* _Task_:
Would you please copy the part of the material below that opens with the line containing "severity = medium;" and closes with the line containing "abbrev pub is_opened : AlertStatus → Bool"? Copy it exactly, and only it.

* _Provided entries_:
-- ===== src/Alerts.antt =====
-- KPI alerts: app/services/alert_service.py and app/repositories/alert_repository.py.
-- The titles and details that people read are left out. `float` and its operations are a parameter.
use in_work_marketing_os_bac.Base.{
  ℕ, ◌+◌, String, Bool, true, false, Option, none, some, List, [], ◌∷◌, ◌++◌, ◌==◌, ◌&&◌, ◌||◌, not,
  str_eq, is_some, any, length, if◌then◌else◌, find_by, update_if, keep_if, count,
}
use in_work_marketing_os_bac.Errors.{text, not_found, Result, ok, err, or_raise}
pub mod Table
pub mod Findings
pub mod Reconcile
pub mod Again

pub data AlertKind : Type 0 where
  alert opportunity : AlertKind

pub data AlertSeverity : Type 0 where
  low medium high : AlertSeverity

-- `opened` is the member `open`.
pub data AlertStatus : Type 0 where
  opened acknowledged resolved : AlertStatus

-- Floating-point numbers: of whole numbers, of hundredths and thousandths, arithmetic and order.
pub record Floats (Float : Type 0) : Type 0 where
  pub of_int : ℕ → Float
  pub hundredths : ℕ → Float
  pub thousandths : ℕ → Float
  pub div : Float → Float → Float
  pub mul : Float → Float → Float
  pub sub : Float → Float → Float
  pub lt : Float → Float → Bool
  pub le : Float → Float → Bool
  pub round2 : Float → Float

-- Money is in hundredths, a target rate in thousandths of a percent.
pub record Campaign : Type 0 where
  pub id : ℕ
  pub client_id : ℕ
  pub budget_usd : ℕ
  pub target_cpl : Option ℕ
  pub target_ctr : Option ℕ
  pub impressions : ℕ
  pub clicks : ℕ
  pub leads : ℕ
  pub spend : ℕ
  pub revenue : ℕ

-- `f"{metric}:{c.id}"`
pub record RecKey : Type 0 where
  pub metric : String
  pub campaign : ℕ

abbrev pub key_eq : RecKey → RecKey → Bool
key_eq k l = str_eq k.metric l.metric && k.campaign == l.campaign

pub record Finding (Float : Type 0) : Type 0 where
  pub campaign_id : ℕ
  pub kind : AlertKind
  pub severity : AlertSeverity
  pub metric : String
  pub threshold : Float
  pub actual : Float
  pub rec_key : RecKey

pub record Alert (Float : Type 0) : Type 0 where
  pub id : ℕ
  pub client_id : ℕ
  pub campaign_id : Option ℕ
  pub kind : AlertKind
  pub severity : AlertSeverity
  pub status : AlertStatus
  pub metric : Option String
  pub threshold : Option Float
  pub actual : Option Float
  pub rec_key : Option RecKey
  pub acknowledged_by : Option ℕ
  pub resolved_by : Option ℕ

-- `c.target_cpl`: absent or zero counts as false
abbrev pub truthy : Option ℕ → Bool
truthy none = false
truthy (some n) = not (n == 0)

abbrev pub value : Option ℕ → ℕ
value none = 0
value (some n) = n

module _ {Float : Type 0} (fl : Floats Float) where
  -- `_severity_for`
  unfoldable pub severity_for : Float → AlertSeverity
  severity_for overshoot =
      if fl.le (fl.hundredths 50) overshoot
      then high
      else if fl.le (fl.hundredths 20) overshoot
      then medium
      else low

  abbrev pub when : Bool → Finding Float → List (Finding Float)
  when true f = f ∷ []
  when false f = []

  -- CPL over target
  unfoldable pub cpl_findings : Campaign → List (Finding Float)
  cpl_findings c =
      let cpl = fl.div (fl.hundredths c.spend) (fl.of_int c.leads) in
      let target = fl.hundredths (value c.target_cpl) in
      when (truthy c.target_cpl && not (c.leads == 0) && fl.lt target cpl) (record {
        campaign_id = c.id;
        kind = alert;
        severity = severity_for (fl.div (fl.sub cpl target) target);
        metric = "cpl";
        threshold = target;
        actual = fl.round2 cpl;
        rec_key = record { metric = "cpl"; campaign = c.id };
      })

  -- CTR under target
  unfoldable pub ctr_findings : Campaign → List (Finding Float)
  ctr_findings c =
      let ctr = fl.mul (fl.div (fl.of_int c.clicks) (fl.of_int c.impressions)) (fl.of_int 100) in
      let target = fl.thousandths (value c.target_ctr) in
      when (truthy c.target_ctr && not (c.impressions == 0) && fl.lt ctr target) (record {
        campaign_id = c.id;
        kind = alert;
        severity = severity_for (fl.div (fl.sub target ctr) target);
        metric = "ctr";
        threshold = target;
        actual = fl.round2 ctr;
        rec_key = record { metric = "ctr"; campaign = c.id };
      })

  -- budget pace
  unfoldable pub budget_findings : Campaign → List (Finding Float)
  budget_findings c =
      let spend = fl.hundredths c.spend in
      let budget = fl.hundredths c.budget_usd in
      when (not (c.budget_usd == 0) && fl.le (fl.mul budget (fl.hundredths 90)) spend) (record {
        campaign_id = c.id;
        kind = alert;
        severity = if fl.le budget spend then high else medium;
        metric = "budget";
        threshold = budget;
        actual = fl.round2 spend;
        rec_key = record { metric = "budget"; campaign = c.id };
      })

  -- strong ROAS
  unfoldable pub roas_findings : Campaign → List (Finding Float)
  roas_findings c =
      let roas = fl.div (fl.hundredths c.revenue) (fl.hundredths c.spend) in
      when (not (c.spend == 0) && fl.le (fl.of_int 3) roas) (record {
        campaign_id = c.id;
        kind = opportunity;
        severity = medium;
        metric = "roas";
        threshold = fl.of_int 3;
        actual = fl.round2 roas;
        rec_key = record { metric = "roas"; campaign = c.id };
      })

  -- `_findings_for`
  unfoldable pub findings_for : Campaign → List (Finding Float)
  findings_for c = cpl_findings c ++ ctr_findings c ++ budget_findings c ++ roas_findings c

  unfoldable pub all_findings : List Campaign → List (Finding Float)
  all_findings [] = []
  all_findings (c ∷ cs) = findings_for c ++ all_findings cs

abbrev pub is_live : AlertStatus → Bool
is_live resolved = false
is_live _ = true

abbrev pub is_opened : AlertStatus → Bool
is_opened opened = true
is_opened _ = false

abbrev pub has_key : RecKey → Option RecKey → Bool
has_key k none = false
has_key k (some j) = key_eq j k

-- the last row that passes a test
unfoldable pub find_last {ℓ} : {A : Type ℓ} → (A → Bool) → List A → Option A
find_last p [] = none
find_last p (x ∷ xs) =
    let rest = find_last p xs in elim rest [ some y ↦ some y | none ↦ if p x then some x else none ]

module _ {Float : Type 0} where
  -- a row of `live_for_client` that has a key
  abbrev pub live_with : ℕ → RecKey → Alert Float → Bool
  live_with client_id k a = a.client_id == client_id && is_live a.status && has_key k a.rec_key

  -- `live.get(key)`: of rows with one key the dict holds the last
  abbrev pub live_get : List (Alert Float) → ℕ → RecKey → Option (Alert Float)
  live_get alerts client_id k = find_last (live_with client_id k) alerts

  abbrev pub finds : RecKey → Finding Float → Bool
  finds k f = key_eq f.rec_key k

  abbrev pub updated : Finding Float → Alert Float → Alert Float
  updated f a = record a {
    severity = f.severity;
    metric = some f.metric;
    threshold = some f.threshold;
    actual = some f.actual;
    kind = f.kind;
  }

  abbrev pub new_alert : ℕ → ℕ → Finding Float → Alert Float
  new_alert new_id client_id f = record {
    id = new_id;
    client_id = client_id;
    campaign_id = some f.campaign_id;
    kind = f.kind;
    severity = f.severity;
    status = opened;
    metric = some f.metric;
    threshold = some f.threshold;
    actual = some f.actual;
    rec_key = some f.rec_key;
    acknowledged_by = none;
    resolved_by = none;
  }

  -- The first loop of `evaluate`; `before` is the table from which the dict `live` was made.
  unfoldable pub apply_findings :
      List (Alert Float) → ℕ → ℕ → List (Finding Float) → List (Alert Float) → List (Alert Float)
  apply_findings before new_id client_id [] alerts = alerts
  apply_findings before new_id client_id (f ∷ fs) alerts =
      apply_findings before (new_id + 1) client_id fs (elim (live_get before client_id f.rec_key) [
        | some existing ↦ update_if (λ (a : Alert Float). a.id == existing.id) (updated f) alerts
        | none ↦ alerts ++ new_alert new_id client_id f ∷ []
      ])

  abbrev pub holds : ℕ → Option (Alert Float) → Bool
  holds i none = false
  holds i (some a) = a.id == i

  -- `key not in seen_keys`, for the alert that the dict holds at its key
  abbrev pub unseen : List (Alert Float) → ℕ → List (Finding Float) → ℕ → Option RecKey → Bool
  unseen before client_id fs i none = false
  unseen before client_id fs i (some k) =
      not (any (finds k) fs) && holds i (live_get before client_id k)

  abbrev pub is_over : List (Alert Float) → ℕ → List (Finding Float) → Alert Float → Bool
  is_over before client_id fs a =
      a.client_id == client_id && is_live a.status && unseen before client_id fs a.id a.rec_key

  abbrev pub auto_resolved : Alert Float → Alert Float
  auto_resolved a = record a { status = resolved }

  abbrev pub is_known : List (Alert Float) → ℕ → Finding Float → Bool
  is_known alerts client_id f = is_some (live_get alerts client_id f.rec_key)

  abbrev pub is_open_of : ℕ → Alert Float → Bool
  is_open_of client_id a = a.client_id == client_id && is_opened a.status

  abbrev pub alert_of : ℕ → ℕ → Alert Float → Bool
  alert_of client_id alert_id a = a.id == alert_id && a.client_id == client_id

  -- `get_alert`
  unfoldable pub get_alert : List (Alert Float) → ℕ → ℕ → Result (Alert Float)
  get_alert alerts client_id alert_id =
      or_raise (find_by (alert_of client_id alert_id) alerts) (not_found (text "Alert not found."))

  abbrev pub acknowledged_alert : ℕ → Alert Float → Alert Float
  acknowledged_alert actor_id a = record a {
    status = acknowledged;
    acknowledged_by = some actor_id;
  }

  abbrev pub resolved_alert : ℕ → Alert Float → Alert Float
  resolved_alert actor_id a = record a { status = resolved; resolved_by = some actor_id }

  abbrev save :
      List (Alert Float)
      → (Alert Float → Alert Float)
      → Result (Alert Float)
      → List (Alert Float) × Result (Alert Float)
  save alerts f (err e) = (alerts, err e)
  save alerts f (ok a) = (update_if (λ (x : Alert Float). x.id == a.id) f alerts, ok (f a))

  unfoldable pub acknowledge :
      List (Alert Float) → ℕ → ℕ → ℕ → List (Alert Float) × Result (Alert Float)
  acknowledge alerts client_id alert_id actor_id =
      save alerts (acknowledged_alert actor_id) (get_alert alerts client_id alert_id)

  unfoldable pub resolve :
      List (Alert Float) → ℕ → ℕ → ℕ → List (Alert Float) × Result (Alert Float)
  resolve alerts client_id alert_id actor_id =
      save alerts (resolved_alert actor_id) (get_alert alerts client_id alert_id)

pub record AlertEvaluateResult (Float : Type 0) : Type 0 where
  pub evaluated_campaigns : ℕ
  pub opened_count : ℕ
  pub updated_count : ℕ
  pub auto_resolved_count : ℕ
  pub alerts : List (Alert Float)

abbrev pub campaigns_of : ℕ → List Campaign → List Campaign
campaigns_of client_id = keep_if (λ c. c.client_id == client_id)

module _ {Float : Type 0} (fl : Floats Float) where
  -- the table after `evaluate`
  unfoldable pub evaluated : ℕ → ℕ → List Campaign → List (Alert Float) → List (Alert Float)
  evaluated new_id client_id campaigns alerts =
      let fs = all_findings fl (campaigns_of client_id campaigns) in
      update_if (is_over alerts client_id fs) auto_resolved
        (apply_findings alerts new_id client_id fs alerts)

  unfoldable pub evaluate :
      ℕ → ℕ → List Campaign → List (Alert Float) → List (Alert Float) × AlertEvaluateResult Float
  evaluate new_id client_id campaigns alerts =
      let fs = all_findings fl (campaigns_of client_id campaigns) in
      let alerts' = evaluated new_id client_id campaigns alerts in
      (
        alerts',
        record {
          evaluated_campaigns = length (campaigns_of client_id campaigns);
          opened_count = count (λ f. not (is_known alerts client_id f)) fs;
          updated_count = count (is_known alerts client_id) fs;
          auto_resolved_count = count (is_over alerts client_id fs) alerts;
          alerts = keep_if (is_open_of client_id) alerts';
        },
      )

* _Answer space_:
        severity = medium;
        metric = "roas";
        threshold = fl.of_int 3;
        actual = fl.round2 roas;
        rec_key = record { metric = "roas"; campaign = c.id };
      })

  -- `_findings_for`
  unfoldable pub findings_for : Campaign → List (Finding Float)
  findings_for c = cpl_findings c ++ ctr_findings c ++ budget_findings c ++ roas_findings c

  unfoldable pub all_findings : List Campaign → List (Finding Float)
  all_findings [] = []
  all_findings (c ∷ cs) = findings_for c ++ all_findings cs

abbrev pub is_live : AlertStatus → Bool
is_live resolved = false
is_live _ = true

abbrev pub is_opened : AlertStatus → Bool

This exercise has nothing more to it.